This is a particularly frustrating failure, because it could have been the greatest jukebox musical of the decade if it had only had the talent to do justice to its premise. This is a show based on the one legendary night when Elvis, Johnny Cash, Jerry Lee Lewis and Carl Perkins were all in the same recording studio.
The show makes no attempt to be historically accurate about that recording session…on the actual session tapes, Cash is barely discernible, and the performers mostly recorded hymns and spirituals, while the show has them singing their signature hits…but that didn’t really matter. A certain amount of historical license was completely understandable and justified for the sake of giving us a better show.

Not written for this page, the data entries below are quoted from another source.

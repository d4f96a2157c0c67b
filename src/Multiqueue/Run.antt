-- ===== src/Multiqueue/Run.antt =====
-- mini_rtos/src/multiqueue.c: a queue that appends (FIFO and weighted) against a bounded FIFO of byte
-- strings, over any sequence of calls.
use self_mini_os.Common.{
  ℕ, suc, ◌≡◌, refl, inl, inr, ◌||◌, Bool, true, false, Option, none, some, List, [], ◌∷◌, ◌++◌,
  arith, ltb, ◌==◌, length, Option-cases, ap, if◌then◌else◌, take, ◌⊎◌,
}
use self_mini_os.Semaphore.{Semaphores}
use self_mini_os.Multiqueue.{
  fifo, weighted, QueueItem, Queue, Request, Memory, enqueue_bytes, insert_item, rotate, link,
  unlink, timed_out, enqueue, dequeue, item_of,
}
use self_mini_os.Multiqueue.Counts.{IsValid, enqueue-IsValid, dequeue-IsValid}

pub data Op : Type 0 where
  put : Request → Op
  get : ℕ → Op

-- what a call returns: its flag, and what it writes through `size` and `data`
abbrev pub Reply : Type 0
Reply = Bool × Option (ℕ × List ℕ)

-- the specification: a size and the bytes of each message, oldest first
abbrev pub Fifo : Type 0
Fifo = List (ℕ × List ℕ)

abbrev pub is_some {ℓ} : {A : Type ℓ} → Option A → Bool
is_some none = false
is_some (some _) = true

unfoldable pub spec_get : Fifo → Option (ℕ × List ℕ) × Fifo
spec_get [] = (none, [])
spec_get (x ∷ f) = (some x, f)

module _ (cap item_size : ℕ) where
  unfoldable pub spec_put_bytes : Fifo → Request → List ℕ → Bool × Fifo
  spec_put_bytes f r bytes =
      if ltb item_size r.size || length f == cap
      then (false, f)
      else (true, f ++ (r.size, take r.size bytes) ∷ [])

  unfoldable pub spec_put : Fifo → Request → Bool × Fifo
  spec_put f r = elim r.buffer [ none ↦ (false, f) | some bytes ↦ spec_put_bytes f r bytes ]

  unfoldable pub spec_run : Fifo → List Op → List Reply
  unfolding spec_put
  spec_run f [] = []
  spec_run f (put r ∷ ops) = let (done, f') = spec_put f r in (done, none) ∷ spec_run f' ops
  spec_run f (get t ∷ ops) = let (out, f') = spec_get f in (is_some out, out) ∷ spec_run f' ops

abbrev pub plenty : Memory
plenty = record { item = true; payload = true }

-- the messages of a queue
unfoldable pub cells : List QueueItem → Fifo
cells [] = []
cells (x ∷ xs) = (x.size, x.payload) ∷ cells xs

length-cells : (xs : List QueueItem) → length (cells xs) ≡ length xs
unfolding cells
length-cells [] = refl
length-cells (x ∷ xs) = ap suc (length-cells xs)

cells-append :
    (xs : List QueueItem) (item : QueueItem)
    → cells (xs ++ item ∷ []) ≡ cells xs ++ (item.size, item.payload) ∷ []
unfolding cells
cells-append [] item = refl
cells-append (x ∷ xs) item = ap (λ r. (x.size, x.payload) ∷ r) (cells-append xs item)

module _ {Sem : Type 0} ⦃S : Semaphores Sem⦄ where
  unfoldable pub run : Queue Sem → List Op → List Reply
  run q [] = []
  run q (put r ∷ ops) = let (done, q') = enqueue q r plenty in (done, none) ∷ run q' ops
  run q (get t ∷ ops) = let (out, q') = dequeue q t in (is_some out, out) ∷ run q' ops

  Appends : Queue Sem → Type 0
  Appends q = (q.type ≡ fifo) ⊎ (q.type ≡ weighted)

  enqueue_same :
      (q : Queue Sem) (r : Request)
      → let q' = (enqueue q r plenty).1 in
        (q'.type ≡ q.type) × (q'.max_items ≡ q.max_items) × (q'.item_size ≡ q.item_size)
  unfolding enqueue enqueue_bytes timed_out link
  enqueue_same q r = ground arith

  dequeue_same :
      (q : Queue Sem) (t : ℕ)
      → let q' = (dequeue q t).1 in
        (q'.type ≡ q.type) × (q'.max_items ≡ q.max_items) × (q'.item_size ≡ q.item_size)
  unfolding dequeue timed_out unlink
  dequeue_same q t = ground arith

  insert_item-append :
      (q : Queue Sem) (item : QueueItem)
      → Appends q
      → insert_item q.type item q.items ≡ q.items ++ item ∷ []
  unfolding Appends insert_item
  insert_item-append q item (inl e) = rw e
  insert_item-append q item (inr e) = rw e

  enqueue_bytes_refines :
      (q : Queue Sem) (r : Request) (bytes : List ℕ)
      → IsValid q
      → Appends q
      → let (done, q') = enqueue_bytes q r plenty bytes in
        (done, cells q'.items) ≡ spec_put_bytes q.max_items q.item_size (cells q.items) r bytes
  unfolding enqueue_bytes timed_out link spec_put_bytes item_of
  enqueue_bytes_refines q r bytes v a =
      let item = item_of r bytes in
      ground (
        arith,
        length-cells q.items,
        S.value-wait_true q.not_full r.timeout_ms,
        S.value-wait_false q.not_full r.timeout_ms,
        S.wait_pos q.not_full r.timeout_ms,
        insert_item-append q item a,
        cells-append q.items item,
      )

  enqueue_refines :
      (q : Queue Sem) (r : Request)
      → IsValid q
      → Appends q
      → let (done, q') = enqueue q r plenty in
        (done, cells q'.items) ≡ spec_put q.max_items q.item_size (cells q.items) r
  unfolding enqueue spec_put
  enqueue_refines q r v a = elim (Option-cases r.buffer) [
    | inl e ↦ rw (e, enqueue, spec_put)
    | inr (bytes, e) ↦ rw (e, enqueue, spec_put) (enqueue_bytes_refines q r bytes v a)
  ]

  rotate_same : (q : Queue Sem) → Appends q → rotate q.type q.items ≡ q.items
  unfolding Appends rotate
  rotate_same q (inl e) = rw e
  rotate_same q (inr e) = rw e

  dequeue_refines :
      (q : Queue Sem) (t : ℕ)
      → IsValid q
      → Appends q
      → let (out, q') = dequeue q t in (out, cells q'.items) ≡ spec_get (cells q.items)
  unfolding dequeue timed_out unlink spec_get cells
  dequeue_refines q t v a = ground (
    arith,
    length-cells q.items,
    S.value-wait_true q.not_empty t,
    S.value-wait_false q.not_empty t,
    S.wait_pos q.not_empty t,
    rotate_same q a,
  )

  -- No sequence of enqueues and dequeues tells a valid FIFO or weighted queue from the bounded FIFO of
  -- its messages, if `malloc` succeeds: same flags, same sizes, same bytes, in the same order.
  pub run_refines :
      (ops : List Op) (q : Queue Sem)
      → IsValid q
      → (q.type ≡ fifo) ⊎ (q.type ≡ weighted)
      → run q ops ≡ spec_run q.max_items q.item_size (cells q.items) ops
  unfolding run spec_run Appends
  run_refines [] q v a = refl
  run_refines (put r ∷ ops) q v a =
      let (t, m, i) = enqueue_same q r in
      rw (
        run_refines ops (enqueue q r plenty).1 (enqueue-IsValid q r plenty v) (rw t a),
        ← enqueue_refines q r v a,
        m,
        i,
      )
  run_refines (get t ∷ ops) q v a =
      let (ty, m, i) = dequeue_same q t in
      rw (
        run_refines ops (dequeue q t).1 (dequeue-IsValid q t v) (rw ty a),
        ← dequeue_refines q t v a,
        m,
        i,
      )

What actually did the show in was the casting. The four leading singer-actors were nobodies, musical-theater journeymen who didn’t have remotely the star power, charisma or musical talent to portray the living legends they were playing. The result wasn’t quite Vegas-style Elvis-impersonator bad, but it was distinctly and fatally underwhelming (although Levi Kreis as Jerry Lee Lewis did slightly better than the other three).
With performers who were qualified to play these parts (and yes, they do exist, as witness Joaquin Phoenix’s performance in Walk the Line), this could have been mind-blowing; as it is, its failure is well-deserved, and I’m genuinely surprised that they even bothered to record it. It wasn’t the worst jukebox musical of its era, but it definitely stands as the most disappointing.